(TASK INSTRUCTIONS)
In the entries that follow, find the line containing "-- The operations"; from there, copy every line exactly through the line containing "(failed (update s".

(PROVIDED RECORDS)
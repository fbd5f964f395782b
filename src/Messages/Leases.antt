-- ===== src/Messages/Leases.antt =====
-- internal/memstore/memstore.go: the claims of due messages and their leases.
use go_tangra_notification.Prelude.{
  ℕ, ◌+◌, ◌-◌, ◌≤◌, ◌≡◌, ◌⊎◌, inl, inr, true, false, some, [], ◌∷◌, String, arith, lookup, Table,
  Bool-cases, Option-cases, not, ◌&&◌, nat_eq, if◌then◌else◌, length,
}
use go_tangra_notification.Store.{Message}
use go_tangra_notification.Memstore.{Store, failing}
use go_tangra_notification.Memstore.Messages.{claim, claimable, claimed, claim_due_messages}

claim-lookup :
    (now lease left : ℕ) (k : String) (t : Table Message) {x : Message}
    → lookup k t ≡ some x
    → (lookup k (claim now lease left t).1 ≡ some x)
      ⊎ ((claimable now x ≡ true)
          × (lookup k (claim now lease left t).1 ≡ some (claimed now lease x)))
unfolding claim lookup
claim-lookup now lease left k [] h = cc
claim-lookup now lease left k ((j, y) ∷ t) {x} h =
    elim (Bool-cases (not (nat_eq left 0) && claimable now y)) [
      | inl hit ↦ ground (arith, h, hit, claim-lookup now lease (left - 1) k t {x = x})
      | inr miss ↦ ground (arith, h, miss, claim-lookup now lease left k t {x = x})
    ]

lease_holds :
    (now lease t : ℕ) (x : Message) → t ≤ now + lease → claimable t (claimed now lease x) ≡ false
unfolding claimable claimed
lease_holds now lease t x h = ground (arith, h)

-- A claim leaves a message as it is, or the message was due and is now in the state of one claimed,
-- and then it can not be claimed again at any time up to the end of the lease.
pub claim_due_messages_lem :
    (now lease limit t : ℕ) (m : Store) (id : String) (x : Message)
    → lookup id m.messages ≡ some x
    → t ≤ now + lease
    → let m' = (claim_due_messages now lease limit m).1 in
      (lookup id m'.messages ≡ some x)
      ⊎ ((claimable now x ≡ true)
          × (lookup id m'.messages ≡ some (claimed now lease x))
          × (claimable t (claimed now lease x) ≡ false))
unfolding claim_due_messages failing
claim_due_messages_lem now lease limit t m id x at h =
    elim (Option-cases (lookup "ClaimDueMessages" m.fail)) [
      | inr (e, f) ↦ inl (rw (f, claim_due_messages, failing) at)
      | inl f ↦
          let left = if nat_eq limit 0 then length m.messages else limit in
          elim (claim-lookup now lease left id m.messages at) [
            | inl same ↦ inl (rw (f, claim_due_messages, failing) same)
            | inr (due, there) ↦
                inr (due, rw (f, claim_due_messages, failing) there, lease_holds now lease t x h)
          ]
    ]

...

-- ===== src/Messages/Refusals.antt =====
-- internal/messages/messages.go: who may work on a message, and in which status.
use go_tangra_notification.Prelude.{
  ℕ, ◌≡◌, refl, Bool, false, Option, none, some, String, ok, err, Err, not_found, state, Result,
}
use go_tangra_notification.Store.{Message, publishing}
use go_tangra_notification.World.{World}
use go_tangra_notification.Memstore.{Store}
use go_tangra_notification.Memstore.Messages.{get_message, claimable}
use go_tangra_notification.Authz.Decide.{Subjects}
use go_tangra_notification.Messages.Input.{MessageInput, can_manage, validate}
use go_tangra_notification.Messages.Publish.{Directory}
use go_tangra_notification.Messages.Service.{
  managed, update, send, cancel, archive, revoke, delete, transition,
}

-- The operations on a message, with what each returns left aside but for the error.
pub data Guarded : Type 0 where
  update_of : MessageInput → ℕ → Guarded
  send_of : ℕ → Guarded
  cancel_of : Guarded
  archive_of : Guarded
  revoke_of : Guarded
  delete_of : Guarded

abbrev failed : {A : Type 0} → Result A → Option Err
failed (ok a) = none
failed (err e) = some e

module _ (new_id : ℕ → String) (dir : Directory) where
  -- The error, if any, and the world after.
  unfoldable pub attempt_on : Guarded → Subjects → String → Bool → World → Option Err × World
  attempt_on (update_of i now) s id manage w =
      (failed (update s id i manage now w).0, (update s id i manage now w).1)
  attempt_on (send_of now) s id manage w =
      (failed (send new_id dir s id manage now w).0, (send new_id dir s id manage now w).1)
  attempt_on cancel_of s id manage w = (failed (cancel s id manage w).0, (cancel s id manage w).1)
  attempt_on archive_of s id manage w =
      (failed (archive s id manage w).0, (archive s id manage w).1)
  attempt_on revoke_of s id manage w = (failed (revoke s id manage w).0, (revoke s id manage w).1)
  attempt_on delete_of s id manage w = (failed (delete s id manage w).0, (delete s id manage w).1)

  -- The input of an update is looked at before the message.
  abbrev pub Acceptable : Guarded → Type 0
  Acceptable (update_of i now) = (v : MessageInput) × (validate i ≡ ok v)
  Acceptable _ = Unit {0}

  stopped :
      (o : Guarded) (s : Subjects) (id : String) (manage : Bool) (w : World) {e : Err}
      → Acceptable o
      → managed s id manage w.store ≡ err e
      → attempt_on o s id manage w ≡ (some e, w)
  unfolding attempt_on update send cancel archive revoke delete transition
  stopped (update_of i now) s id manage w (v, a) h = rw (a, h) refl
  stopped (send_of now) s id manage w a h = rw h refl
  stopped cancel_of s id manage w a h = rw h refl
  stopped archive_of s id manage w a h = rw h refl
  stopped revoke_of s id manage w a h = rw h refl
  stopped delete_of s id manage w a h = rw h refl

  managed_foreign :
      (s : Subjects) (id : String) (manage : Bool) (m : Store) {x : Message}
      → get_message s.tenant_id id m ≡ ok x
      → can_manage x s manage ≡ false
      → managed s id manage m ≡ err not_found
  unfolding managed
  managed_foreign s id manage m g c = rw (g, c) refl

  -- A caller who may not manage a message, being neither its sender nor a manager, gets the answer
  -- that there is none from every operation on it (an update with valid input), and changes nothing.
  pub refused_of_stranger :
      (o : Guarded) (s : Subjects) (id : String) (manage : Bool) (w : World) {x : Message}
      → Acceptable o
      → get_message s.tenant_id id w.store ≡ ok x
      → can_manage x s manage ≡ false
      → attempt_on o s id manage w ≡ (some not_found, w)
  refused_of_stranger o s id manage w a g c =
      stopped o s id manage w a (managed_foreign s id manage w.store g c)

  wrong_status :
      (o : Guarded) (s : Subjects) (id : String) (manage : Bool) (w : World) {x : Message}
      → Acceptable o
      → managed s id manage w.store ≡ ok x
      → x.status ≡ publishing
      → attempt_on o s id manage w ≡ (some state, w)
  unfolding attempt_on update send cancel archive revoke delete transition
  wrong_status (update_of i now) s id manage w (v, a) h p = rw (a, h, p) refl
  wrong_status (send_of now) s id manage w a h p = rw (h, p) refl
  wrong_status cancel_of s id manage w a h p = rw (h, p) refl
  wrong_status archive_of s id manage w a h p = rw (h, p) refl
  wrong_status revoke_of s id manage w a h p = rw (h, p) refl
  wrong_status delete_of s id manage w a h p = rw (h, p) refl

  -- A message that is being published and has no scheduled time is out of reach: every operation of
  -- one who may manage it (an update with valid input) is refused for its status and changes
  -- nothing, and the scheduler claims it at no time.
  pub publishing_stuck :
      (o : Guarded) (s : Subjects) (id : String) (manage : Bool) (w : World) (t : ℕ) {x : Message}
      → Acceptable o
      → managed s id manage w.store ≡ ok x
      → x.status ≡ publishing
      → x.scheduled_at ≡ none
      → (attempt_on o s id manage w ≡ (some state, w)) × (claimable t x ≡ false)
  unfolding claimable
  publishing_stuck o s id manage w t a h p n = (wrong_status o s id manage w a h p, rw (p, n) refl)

(ANSWER TO THIS PROBLEM)
-- The operations on a message, with what each returns left aside but for the error.
pub data Guarded : Type 0 where
  update_of : MessageInput → ℕ → Guarded
  send_of : ℕ → Guarded
  cancel_of : Guarded
  archive_of : Guarded
  revoke_of : Guarded
  delete_of : Guarded

abbrev failed : {A : Type 0} → Result A → Option Err
failed (ok a) = none
failed (err e) = some e

module _ (new_id : ℕ → String) (dir : Directory) where
  -- The error, if any, and the world after.
  unfoldable pub attempt_on : Guarded → Subjects → String → Bool → World → Option Err × World
  attempt_on (update_of i now) s id manage w =
      (failed (update s id i manage now w).0, (update s id i manage now w).1)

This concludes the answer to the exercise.